INFORMATION PROVIDED:
☆ ☆ ☆ ☆
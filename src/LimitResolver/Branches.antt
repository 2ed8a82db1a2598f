-- ===== src/LimitResolver/Branches.antt =====
-- The branches of HandleSetLimit (mash-go/pkg/features/limit_resolver.go).
use mathlib.Core.Path.{ap₂}
use mash.Base.Int.{ℤ}
use mash.Base.{
  ap, ◌∙◌, ℕ, ◌≡◌, refl, ◌≢◌, ◌⊎◌, Bool, true, false, not, ◌&&◌, Option, none, some, [],
  String-discrete, if_pos, if_neg, is_some, Bool-cases, inl, inr, if◌then◌else◌,
}
use mash.EnergyControl.{
  override, invalid_value, device_override, SetLimitRequest, Caller, is_override,
}
use mash.LimitResolver.{LimitResolver}
use mash.LimitResolver.SetLimit.{
  reject, Reply, answer, constraint_error, Outcome, negative, exceeds, deactivate, activate,
  handle_set_limit,
}

-- What a request must satisfy.
pub record Acceptable (r : LimitResolver) (caller : Caller) (req : SetLimitRequest) : Type 0 where
  pub identified : caller.zone_id ≢ ""
  pub consumption_sign : negative req.consumption_limit ≡ false
  pub production_sign : negative req.production_limit ≡ false
  pub consumption_range : exceeds req.consumption_limit r.max_consumption ≡ false
  pub production_range : exceeds req.production_limit r.max_production ≡ false
  pub yielding : is_override r.ec ≡ false

-- The reply says no.
abbrev pub SaysNo : Reply → Type 0
SaysNo constraint_error = Unit
SaysNo (answer a) = (a.applied ≡ false) × (is_some a.reject_reason ≡ true)

pub data Branch (r : LimitResolver) (caller : Caller) (req : SetLimitRequest) (now : ℕ)
    : Type 0 where
  refused :
      (reply : Reply)
      → ¬ Acceptable r caller req
      → SaysNo reply
      → handle_set_limit r caller req now ≡ (r, reply, [])
      → Branch r caller req now
  cleared :
      Acceptable r caller req
      → req.consumption_limit ≡ none
      → req.production_limit ≡ none
      → handle_set_limit r caller req now ≡ deactivate r caller now
      → Branch r caller req now
  stored :
      Acceptable r caller req
      → (is_some req.consumption_limit ≡ true) ⊎ (is_some req.production_limit ≡ true)
      → handle_set_limit r caller req now ≡ activate r caller req now
      → Branch r caller req now

module _ (r : LimitResolver) (caller : Caller) (req : SetLimitRequest) (now : ℕ) where
  clash : {b : Bool} → b ≡ true → b ≡ false → ⊥
  clash p q = cc

  -- The last test of the handler.
  abbrev pick : Option ℤ → Option ℤ → Outcome
  pick c p =
      if not (is_some c) && not (is_some p)
      then deactivate r caller now
      else activate r caller req now

  pick-Branch :
      Acceptable r caller req
      → handle_set_limit r caller req now ≡ pick req.consumption_limit req.production_limit
      → Branch r caller req now
  pick-Branch a e = split req.consumption_limit req.production_limit refl refl
    where
      split :
          (c p : Option ℤ)
          → req.consumption_limit ≡ c
          → req.production_limit ≡ p
          → Branch r caller req now
      split none none ec ep = cleared a ec ep (e ∙ ap₂ pick ec ep)
      split (some x) p ec ep = stored a (inl (ap is_some ec)) (e ∙ ap₂ pick ec ep)
      split none (some x) ec ep = stored a (inr (ap is_some ep)) (e ∙ ap₂ pick ec ep)

  abbrev invalid : Reply
  invalid = (reject r invalid_value r.ec.control_state).1

  abbrev overridden : Reply
  overridden = (reject r device_override override).1

  pub handle_set_limit-Branch : Branch r caller req now
  unfolding handle_set_limit
  handle_set_limit-Branch = elim (String-discrete caller.zone_id "") [
    | yes p ↦ refused invalid (λ a. a.identified p) (refl, refl) (rw (if_pos _ p))
    | no n ↦ elim (Bool-cases (negative req.consumption_limit)) [
      | inl b ↦ refused invalid (λ a. clash b a.consumption_sign) (refl, refl) (rw (if_neg _ n, b))
      | inr b ↦ elim (Bool-cases (negative req.production_limit)) [
        | inl c ↦
            refused invalid (λ a. clash c a.production_sign) (refl, refl) (rw (if_neg _ n, b, c))
        | inr c ↦ elim (Bool-cases (exceeds req.consumption_limit r.max_consumption)) [
          | inl d ↦
              refused constraint_error (λ a. clash d a.consumption_range) tt
                (rw (if_neg _ n, b, c, d))
          | inr d ↦ elim (Bool-cases (exceeds req.production_limit r.max_production)) [
            | inl e ↦
                refused constraint_error (λ a. clash e a.production_range) tt
                  (rw (if_neg _ n, b, c, d, e))
            | inr e ↦ elim (Bool-cases (is_override r.ec)) [
              | inl f ↦
                  refused overridden (λ a. clash f a.yielding) (refl, refl)
                    (rw (if_neg _ n, b, c, d, e, f))
              | inr f ↦
                  pick-Branch
                    (record {
                      identified = n;
                      consumption_sign = b;
                      production_sign = c;
                      consumption_range = d;
                      production_range = e;
                      yielding = f;
                    })
                    (rw (if_neg _ n, b, c, d, e, f))
            ]
          ]
        ]
      ]
    ]
  ]
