-- ===== src/LimitResolver/Clearing.antt =====
-- ClearLimit, ClearZone, ResetAll and the expiry of timers (mash-go/pkg/features/limit_resolver.go).
use mash.Base.{
  ℕ, Bool, true, false, Option, none, some, List, [], ◌∷◌, ◌++◌, String, String-discrete, ite,
  if◌then◌else◌,
}
use mash.Base.Int.{ℤ}
use mash.Base.GoMap.{GoMap, string_key, nat_key, lookup}
use mash.Zone.Value
use mash.Duration.{
  Manager, TimerKey, CommandType, limit_consumption, limit_production, cancel_timer,
  cancel_zone_timers, Expiry, fire,
}
use mash.EnergyControl.{
  Direction, consumption, production, bidirectional, ClearLimitRequest, Caller,
}
use mash.LimitResolver.{
  LimitResolver, MyAttribute, my_consumption_limit, my_production_limit, Change, notify,
  both_cleared, resolve_and_apply, clear_zone_locked, timer_at,
}

-- Which directions a ClearLimit names; a bidirectional one names neither branch.
abbrev pub clears_consumption : Option Direction → Bool
clears_consumption none = true
clears_consumption (some consumption) = true
clears_consumption (some _) = false

abbrev pub clears_production : Option Direction → Bool
clears_production none = true
clears_production (some production) = true
clears_production (some _) = false

unfoldable pub cancel_indexed : LimitResolver → String → CommandType → LimitResolver
cancel_indexed r zone_id cmd = elim (lookup zone_id r.zone_index_map) [
  | none ↦ r
  | some idx ↦ record r { timers = (cancel_timer r.timers (timer_at idx cmd)).0 }
]

unfoldable pub clear_consumption : LimitResolver → String → LimitResolver
unfolding Value.clear cancel_indexed
clear_consumption r zone_id =
    cancel_indexed (record r { consumption_limits = Value.clear r.consumption_limits zone_id })
      zone_id limit_consumption

unfoldable pub clear_production : LimitResolver → String → LimitResolver
unfolding Value.clear cancel_indexed
clear_production r zone_id =
    cancel_indexed (record r { production_limits = Value.clear r.production_limits zone_id })
      zone_id limit_production

unfoldable pub clear_directions : LimitResolver → String → Option Direction → LimitResolver
unfolding clear_consumption clear_production
clear_directions r zone_id none = clear_production (clear_consumption r zone_id) zone_id
clear_directions r zone_id (some consumption) = clear_consumption r zone_id
clear_directions r zone_id (some production) = clear_production r zone_id
clear_directions r zone_id (some bidirectional) = r

abbrev clear_changes : Option Direction → List (MyAttribute × Option ℤ)
clear_changes d =
    (if clears_consumption d then (my_consumption_limit, none) ∷ [] else [])
    ++ (if clears_production d then (my_production_limit, none) ∷ [] else [])

-- HandleClearLimit for a caller that is known.
unfoldable pub clear_known :
    LimitResolver → Caller → ClearLimitRequest → ℕ → LimitResolver × List Change
unfolding clear_directions
clear_known r caller req now =
    let r' = resolve_and_apply (clear_directions r caller.zone_id req.direction) now in
    (r', notify r' caller.zone_id (clear_changes req.direction))

unfoldable pub handle_clear_limit :
    LimitResolver → Caller → ClearLimitRequest → ℕ → LimitResolver × List Change
unfolding clear_known
handle_clear_limit r caller req now =
    ite (String-discrete caller.zone_id "") (r, []) (clear_known r caller req now)

-- The loop of ResetAll over the indices of the known zones.
unfoldable pub cancel_all : GoMap String ℕ → Manager ℤ → Manager ℤ
cancel_all [] m = m
cancel_all ((zone_id, idx) ∷ rest) m = cancel_all rest (cancel_zone_timers m idx)

abbrev notify_all : LimitResolver → GoMap String ℕ → List Change
notify_all r [] = []
notify_all r ((zone_id, idx) ∷ rest) = notify r zone_id both_cleared ++ notify_all r rest

unfoldable pub reset_all : LimitResolver → ℕ → LimitResolver × List Change
unfolding cancel_all Value.new
reset_all r now =
    let r' =
      resolve_and_apply
        (record r {
          timers = cancel_all r.zone_index_map r.timers;
          consumption_limits = Value.new;
          production_limits = Value.new;
        })
        now in
    (r', notify_all r' r.zone_index_map)

unfoldable pub clear_zone : LimitResolver → String → ℕ → LimitResolver × List Change
clear_zone r zone_id now =
    let r' = resolve_and_apply (clear_zone_locked r zone_id) now in
    (r', notify r' zone_id both_cleared)

unfoldable pub expire_value : LimitResolver → String → CommandType → LimitResolver
unfolding Value.clear
expire_value r zone_id limit_consumption = record r {
  consumption_limits = Value.clear r.consumption_limits zone_id;
}
expire_value r zone_id limit_production = record r {
  production_limits = Value.clear r.production_limits zone_id;
}
expire_value r zone_id _ = r

abbrev expiry_changes : CommandType → List (MyAttribute × Option ℤ)
expiry_changes limit_consumption = (my_consumption_limit, none) ∷ []
expiry_changes limit_production = (my_production_limit, none) ∷ []
expiry_changes _ = []

unfoldable pub handle_timer_expiry : LimitResolver → TimerKey → ℕ → LimitResolver × List Change
unfolding expire_value
handle_timer_expiry r key now = elim (lookup key.zone_id r.index_zone_map) [
  | none ↦ (r, [])
  | some zone_id ↦
      let r' = resolve_and_apply (expire_value r zone_id key.cmd_type) now in
      (r', notify r' zone_id (expiry_changes key.cmd_type))
]

-- The duration manager calls handleTimerExpiry for what a fired timer reports.
unfoldable pub handle_expiries : LimitResolver → List (Expiry ℤ) → ℕ → LimitResolver × List Change
unfolding handle_timer_expiry
handle_expiries r [] now = (r, [])
handle_expiries r (e ∷ rest) now =
    let (r', cs) = handle_timer_expiry r e.key now in
    let (r'', ds) = handle_expiries r' rest now in (r'', cs ++ ds)

unfoldable pub fire_timer : LimitResolver → ℕ → ℕ → LimitResolver × List Change
unfolding handle_expiries
fire_timer r handle now =
    let (m, es) = fire r.timers handle now in handle_expiries (record r { timers = m }) es now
☆ ☆ ☆ ☆
TASK DIRECTIONS: Check each line of the records above for "lookup", and copy those that have it.

YOUR SOLUTION:
use mash.Base.GoMap.{GoMap, string_key, nat_key, lookup}
cancel_indexed r zone_id cmd = elim (lookup zone_id r.zone_index_map) [
handle_timer_expiry r key now = elim (lookup key.zone_id r.index_zone_map) [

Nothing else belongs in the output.